* What is required *
Scan the records below for the string "Bool" and return every line where it appears.

- Opening Delimiter -

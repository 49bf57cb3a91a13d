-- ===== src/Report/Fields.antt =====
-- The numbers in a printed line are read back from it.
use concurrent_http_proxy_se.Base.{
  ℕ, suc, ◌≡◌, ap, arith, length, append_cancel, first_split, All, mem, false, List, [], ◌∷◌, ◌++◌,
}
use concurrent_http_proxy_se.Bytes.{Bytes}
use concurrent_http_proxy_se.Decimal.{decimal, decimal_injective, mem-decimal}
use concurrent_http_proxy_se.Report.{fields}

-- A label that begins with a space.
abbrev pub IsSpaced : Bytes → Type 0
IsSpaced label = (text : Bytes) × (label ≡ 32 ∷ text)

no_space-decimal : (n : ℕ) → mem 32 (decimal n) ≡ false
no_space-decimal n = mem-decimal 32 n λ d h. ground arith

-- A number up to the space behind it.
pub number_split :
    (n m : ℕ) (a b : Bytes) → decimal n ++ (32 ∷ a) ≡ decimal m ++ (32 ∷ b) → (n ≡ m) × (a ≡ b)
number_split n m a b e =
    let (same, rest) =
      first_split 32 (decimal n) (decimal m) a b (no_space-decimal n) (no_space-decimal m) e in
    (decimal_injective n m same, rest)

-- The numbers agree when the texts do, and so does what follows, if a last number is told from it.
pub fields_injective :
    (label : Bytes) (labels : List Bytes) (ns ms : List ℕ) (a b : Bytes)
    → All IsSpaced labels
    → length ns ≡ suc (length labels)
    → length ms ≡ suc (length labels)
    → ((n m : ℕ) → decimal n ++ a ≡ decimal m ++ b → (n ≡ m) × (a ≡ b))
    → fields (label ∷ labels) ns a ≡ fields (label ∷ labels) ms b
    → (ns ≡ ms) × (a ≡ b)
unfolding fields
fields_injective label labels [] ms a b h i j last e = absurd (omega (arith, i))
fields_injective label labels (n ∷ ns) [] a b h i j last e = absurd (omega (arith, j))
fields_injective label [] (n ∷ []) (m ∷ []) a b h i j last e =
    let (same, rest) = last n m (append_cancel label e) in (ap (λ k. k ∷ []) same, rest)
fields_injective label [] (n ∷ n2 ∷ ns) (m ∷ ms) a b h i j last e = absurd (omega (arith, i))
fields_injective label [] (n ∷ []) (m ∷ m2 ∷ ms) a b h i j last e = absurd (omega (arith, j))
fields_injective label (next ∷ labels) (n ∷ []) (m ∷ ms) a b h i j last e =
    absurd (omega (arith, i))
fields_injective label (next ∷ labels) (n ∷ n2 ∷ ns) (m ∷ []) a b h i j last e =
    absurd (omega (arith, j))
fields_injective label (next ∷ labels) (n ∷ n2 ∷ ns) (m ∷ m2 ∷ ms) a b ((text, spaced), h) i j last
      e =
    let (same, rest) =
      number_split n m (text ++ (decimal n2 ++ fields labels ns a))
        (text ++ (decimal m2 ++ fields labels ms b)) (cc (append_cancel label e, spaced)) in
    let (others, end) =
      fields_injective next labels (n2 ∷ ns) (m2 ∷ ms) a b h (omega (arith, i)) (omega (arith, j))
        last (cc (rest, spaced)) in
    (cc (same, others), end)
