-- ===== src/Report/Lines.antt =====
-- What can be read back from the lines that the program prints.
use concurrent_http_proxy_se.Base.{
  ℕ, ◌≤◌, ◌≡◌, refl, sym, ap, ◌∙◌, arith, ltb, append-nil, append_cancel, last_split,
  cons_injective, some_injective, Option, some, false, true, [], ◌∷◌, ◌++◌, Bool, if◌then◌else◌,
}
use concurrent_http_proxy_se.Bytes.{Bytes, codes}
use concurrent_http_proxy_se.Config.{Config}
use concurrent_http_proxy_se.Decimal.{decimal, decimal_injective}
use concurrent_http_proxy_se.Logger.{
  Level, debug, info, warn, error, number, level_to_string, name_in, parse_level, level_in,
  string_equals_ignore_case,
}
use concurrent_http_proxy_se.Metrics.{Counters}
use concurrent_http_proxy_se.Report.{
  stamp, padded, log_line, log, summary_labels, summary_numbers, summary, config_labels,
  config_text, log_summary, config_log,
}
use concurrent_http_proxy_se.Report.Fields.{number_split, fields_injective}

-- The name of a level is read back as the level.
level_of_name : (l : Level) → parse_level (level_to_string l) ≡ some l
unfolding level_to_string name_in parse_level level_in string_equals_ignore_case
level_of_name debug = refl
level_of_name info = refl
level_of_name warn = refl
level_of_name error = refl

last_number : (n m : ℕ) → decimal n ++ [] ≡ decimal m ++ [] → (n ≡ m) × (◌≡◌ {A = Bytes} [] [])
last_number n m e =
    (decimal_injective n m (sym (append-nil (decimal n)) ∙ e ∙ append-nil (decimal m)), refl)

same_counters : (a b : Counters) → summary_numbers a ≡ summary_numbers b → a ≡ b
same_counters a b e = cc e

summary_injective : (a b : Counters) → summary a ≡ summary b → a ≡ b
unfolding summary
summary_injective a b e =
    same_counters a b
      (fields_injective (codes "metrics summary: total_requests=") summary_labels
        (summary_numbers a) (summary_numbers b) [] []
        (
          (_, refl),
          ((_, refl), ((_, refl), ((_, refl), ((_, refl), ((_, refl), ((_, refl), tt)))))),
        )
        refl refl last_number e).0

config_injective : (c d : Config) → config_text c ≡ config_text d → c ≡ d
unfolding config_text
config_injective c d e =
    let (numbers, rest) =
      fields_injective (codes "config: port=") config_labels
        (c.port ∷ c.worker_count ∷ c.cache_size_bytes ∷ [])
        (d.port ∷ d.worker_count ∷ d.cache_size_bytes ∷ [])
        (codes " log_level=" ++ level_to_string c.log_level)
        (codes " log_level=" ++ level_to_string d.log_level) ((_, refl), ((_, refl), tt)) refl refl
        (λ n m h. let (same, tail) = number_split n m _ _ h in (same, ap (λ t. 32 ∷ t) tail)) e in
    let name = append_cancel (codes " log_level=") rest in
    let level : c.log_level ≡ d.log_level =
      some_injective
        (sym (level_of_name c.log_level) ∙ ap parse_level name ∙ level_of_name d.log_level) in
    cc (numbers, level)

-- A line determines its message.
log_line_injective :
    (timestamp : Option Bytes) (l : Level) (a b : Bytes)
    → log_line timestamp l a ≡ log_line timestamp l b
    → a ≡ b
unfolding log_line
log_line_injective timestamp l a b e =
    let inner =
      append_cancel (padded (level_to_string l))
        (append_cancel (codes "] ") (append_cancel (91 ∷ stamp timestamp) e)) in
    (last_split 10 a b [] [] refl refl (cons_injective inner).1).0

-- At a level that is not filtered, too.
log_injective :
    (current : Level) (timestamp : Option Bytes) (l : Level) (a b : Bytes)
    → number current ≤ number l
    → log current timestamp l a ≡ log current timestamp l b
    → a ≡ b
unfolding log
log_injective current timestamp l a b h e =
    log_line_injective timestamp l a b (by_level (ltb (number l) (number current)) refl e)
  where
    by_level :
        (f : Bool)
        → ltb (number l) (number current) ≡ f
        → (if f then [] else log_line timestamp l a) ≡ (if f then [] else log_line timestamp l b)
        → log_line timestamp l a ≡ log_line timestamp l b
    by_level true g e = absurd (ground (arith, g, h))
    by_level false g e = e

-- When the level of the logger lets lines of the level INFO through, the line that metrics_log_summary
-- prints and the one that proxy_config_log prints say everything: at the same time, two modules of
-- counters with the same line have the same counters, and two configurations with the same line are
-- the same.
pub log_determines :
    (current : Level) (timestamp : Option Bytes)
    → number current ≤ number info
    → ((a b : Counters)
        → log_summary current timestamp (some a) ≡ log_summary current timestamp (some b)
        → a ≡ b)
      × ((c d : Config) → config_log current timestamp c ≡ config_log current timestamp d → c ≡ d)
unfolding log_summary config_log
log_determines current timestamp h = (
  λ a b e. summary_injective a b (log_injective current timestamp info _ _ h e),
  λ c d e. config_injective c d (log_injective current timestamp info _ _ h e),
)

- Closing Delimiter -

* Written answer *
  cons_injective, some_injective, Option, some, false, true, [], ◌∷◌, ◌++◌, Bool, if◌then◌else◌,
        (f : Bool)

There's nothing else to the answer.